Part 5: Which of these security problems do I need to care about?

If you just showed up here, go back and start at the intro post, you’ll want the missing context before reading this article. Or not, I mean, whatever.

I’ve spent the last few posts going over the challenges of security scanners. I think the most important takeaway is we need to temper our expectations. Even a broken clock is right twice a day. So assuming some of the security flaws reported are real, how can we figure out what we should be paying attention to?

I ran the scan

If you ran a security scanner, running it is the easy part. What you do with the results of your scan is a challenge. I’ve seen teams just send the scan along to the developers without even looking at it. Never do this. This tells your developers two very important thing. 1) You think your time is worth more than theirs. 2) You aren’t smart enough to parse the scan. Even if one or both of these are true, don’t just dump these scans on someone else. If you ran it, you own it. Suddenly that phone book of a scan is more serious.

When you have the result of any security report, automated or human created, how you deal with the results depends on a lot of factors. Every organization has different process, different resources, and different goals. It’s super important to keep in mind the purpose of your organization, resolving security scan reports probably isn’t one of them. Why did you run this scan in the first place? If you did it because everyone else is doing it, reading this blog series isn’t going to help you. Fundamentally we want to run these scanners to make our products and services more secure. That’s the context we should read these reports. Which of these findings make my product or service less secure? And which findings should I fix to make it more secure?

I was given a scan

If you were given a scan, good luck. As I mention in the previous section. If you were given one of these scans and it’s pretty clear the person giving it to you didn’t read it, there’s nothing wrong with pushing back by asking for some clarification. There’s nothing more frustrating than someone handing you a huge scan with the only comment being “please fix”. As we’ve covered at length, a lot (almost all) of these results are going to be false positives. Now you have to weed through someone else’s problem and try to explain what’s happening.

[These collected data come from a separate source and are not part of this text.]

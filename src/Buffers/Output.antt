-- ===== src/Buffers/Output.antt =====
-- `commit` of src/neo/io/stream/buffers.hpp: what goes out, and what stays behind.
use neo_io.Prelude.{
  ℕ, ◌≤◌, ◌<◌, ◌≡◌, ◌≢◌, ap, ◌⊎◌, inl, inr, true, some, List, ◌++◌, append_assoc, arith, size_mod,
  length, take, length-append, length-take, length-drop, take-append-drop, take-take,
}
use neo_io.Transfer.{
  TransferResult, IsTransferResult, transfer_errant, throw_if_transfer_errant, Outcome, returned,
  thrown,
}
use neo_io.IoOp.Laws.{Spans, AreConsumers}
use neo_io.IoOp.Conditions.{MakesProgress}
use neo_io.IoOp.Sending.{IsWriter, write_all-sends}
use neo_io.Buffers.{DynbufIo, Sink, IoBuffers, commit_written, commit}
use neo_io.Buffers.Laws.{IsDynbufIo}

-- A sink over every source: its consumers walk the source, and its stream appends to what was sent.
pub record IsSink {R C P S : Type 0} ⦃t : TransferResult R⦄ (v : Spans C P) (sent : S → List ℕ)
    (sink : Sink R C P S) : Type 0 where
  pub walks : (src : List ℕ) → AreConsumers v (length src) (sink.consumers src)
  pub starts : (src : List ℕ) → v.pos (sink.begins src) ≡ 0
  pub writes : (src : List ℕ) → IsWriter t v src sent (sink.stream src)
  pub moves : (src : List ℕ) → MakesProgress v (length src) (sink.stream src).some_part

module _ {R C P B S : Type 0} ⦃t : TransferResult R⦄ {v : Spans C P} {d : DynbufIo B}
    {content staged : B → List ℕ} {sent : S → List ℕ} {sink : Sink R C P S}
    (rl : IsTransferResult t) (dl : IsDynbufIo d content staged) (sl : IsSink v sent sink) where
  thrown-ne : (r : R) → transfer_errant r ≡ true → throw_if_transfer_errant r ≢ returned tt
  thrown-ne r bad q = cc (q, throw_eq r bad)
    where
      throw_eq :
          (r : R) → transfer_errant r ≡ true → throw_if_transfer_errant r ≡ thrown (t.error r)
      throw_eq r bad = rw bad

  -- `commit(size)` of at most the prepared bytes, less than 2^64, into a stream that moves
  -- something or fails at each call, returns. Whether it throws or not, what was sent and what the
  -- buffer keeps is, in order, what was sent and kept before and then the committed bytes. If it
  -- does not throw, it has sent exactly as many bytes as it committed, so that a backlog that an
  -- earlier failure left stays as long as it was.
  pub commit-keeps :
      (fuel size : ℕ) (x : IoBuffers B S)
      → size ≤ length (staged x.io_bufs)
      → size < size_mod
      → size < fuel
      → (out : Outcome (Unit {0})) × (x' : IoBuffers B S) × (commit d sink fuel size x
          ≡ some (out, x'))
        × (sent x'.strm ++ content x'.io_bufs
            ≡ (sent x.strm ++ content x.io_bufs) ++ take size (staged x.io_bufs))
        × (out ≡ returned tt → length (content x'.io_bufs) ≡ length (content x.io_bufs))
  unfolding commit commit_written
  commit-keeps fuel size x fits small enough =
      let (r, s', e, bound, sends, ends) =
        write_all-sends rl (omega (arith, short)) (sl.walks src) (sl.writes src) fuel
          (sink.begins src) x.strm (omega (arith, short)) (sl.starts src) (sl.moves src) in
      (
        (commit_written d bufs (r, s')).0,
        (commit_written d bufs (r, s')).1,
        rw e,
        kept r s' bound sends,
        sent_all r s' ends,
      )
    where
      bufs : B
      bufs = d.commit size x.io_bufs

      src : List ℕ
      src = d.next size bufs

      whole : content bufs ≡ content x.io_bufs ++ take size (staged x.io_bufs)
      whole = dl.content-commit size x.io_bufs fits

      src_eq : src ≡ take size (content bufs)
      src_eq = dl.next_lem size bufs

      short : length src ≤ size
      short = omega (arith, ap length src_eq, length-take size (content bufs))

      kept :
          (r : R) (s' : S)
          → t.bytes_transferred r ≤ length src
          → sent s' ≡ sent x.strm ++ take (t.bytes_transferred r) src
          → sent s' ++ content (d.consume (t.bytes_transferred r) bufs)
            ≡ (sent x.strm ++ content x.io_bufs) ++ take size (staged x.io_bufs)
      kept r s' bound sends =
          let n : ℕ = t.bytes_transferred r in
          rw (
            sends,
            dl.content-consume n bufs,
            src_eq,
            take-take n size (content bufs) (omega (arith, short)),
            append_assoc,
            take-append-drop n (content bufs),
            whole,
            append_assoc,
          )

      sent_all :
          (r : R) (s' : S)
          → (transfer_errant r ≡ true)
            ⊎ ((t.bytes_transferred r ≡ length src) × (sent s' ≡ sent x.strm ++ src))
          → (commit_written d bufs (r, s')).0 ≡ returned tt
          → length (content (commit_written d bufs (r, s')).1.io_bufs) ≡ length (content x.io_bufs)
      sent_all r s' (inl bad) q = absurd (thrown-ne r bad q)
      sent_all r s' (inr (all, _)) q = omega (
        arith,
        ap length (dl.content-consume (t.bytes_transferred r) bufs),
        length-drop (t.bytes_transferred r) (content bufs),
        all,
        ap length src_eq,
        length-take size (content bufs),
        ap length whole,
        length-append (content x.io_bufs) (take size (staged x.io_bufs)),
        length-take size (staged x.io_bufs),
        fits,
      )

I’ve seen cases where a groups claim they can’t run an application unless the scan comes back clean. That’s not a realistic goal. I would compare it to only buying computers that don’t crash. You can have it as a requirement, but you aren’t going to find one no matter how hard you try. Silly requirements lead to silly results.

Falsifying false positives

If you ran the scan or you were handed a scan, one of the biggest jobs will be figuring out which results are false positives. I don’t know of a way to do this that isn’t backbreaking manual labor. Every finding has a number of questions that you have to answer “yes” to in order for the finding to matter.

  1. Do you actually include the vulnerable dependency?
  2. Is version you’re using is affected by the issue?
  3. Are you use the feature in your application?
  4. Can attackers exploit the vulnerability?
  5. Can attackers use the vulnerability to cause actual harm?

As humans it’s hard work to do these steps, it’s likely you can’t do them by yourself. Find some help, don’t try to do everything yourself.

One really important thing to do as you are answering these questions is to document your work. Write down as much detail as you can because in three months you’re not going to remember any of this. Also, don’t use whatever scanner ID you get from the vendor, use the CVE ID. Every scanner should be reporting CVE IDs (if they don’t, that’s a bug you should report). Then if you run a second scanner you can know right away if something has already been investigated since you’ve already documented the CVE ID. Using only scanner IDs isn’t useful across vendors.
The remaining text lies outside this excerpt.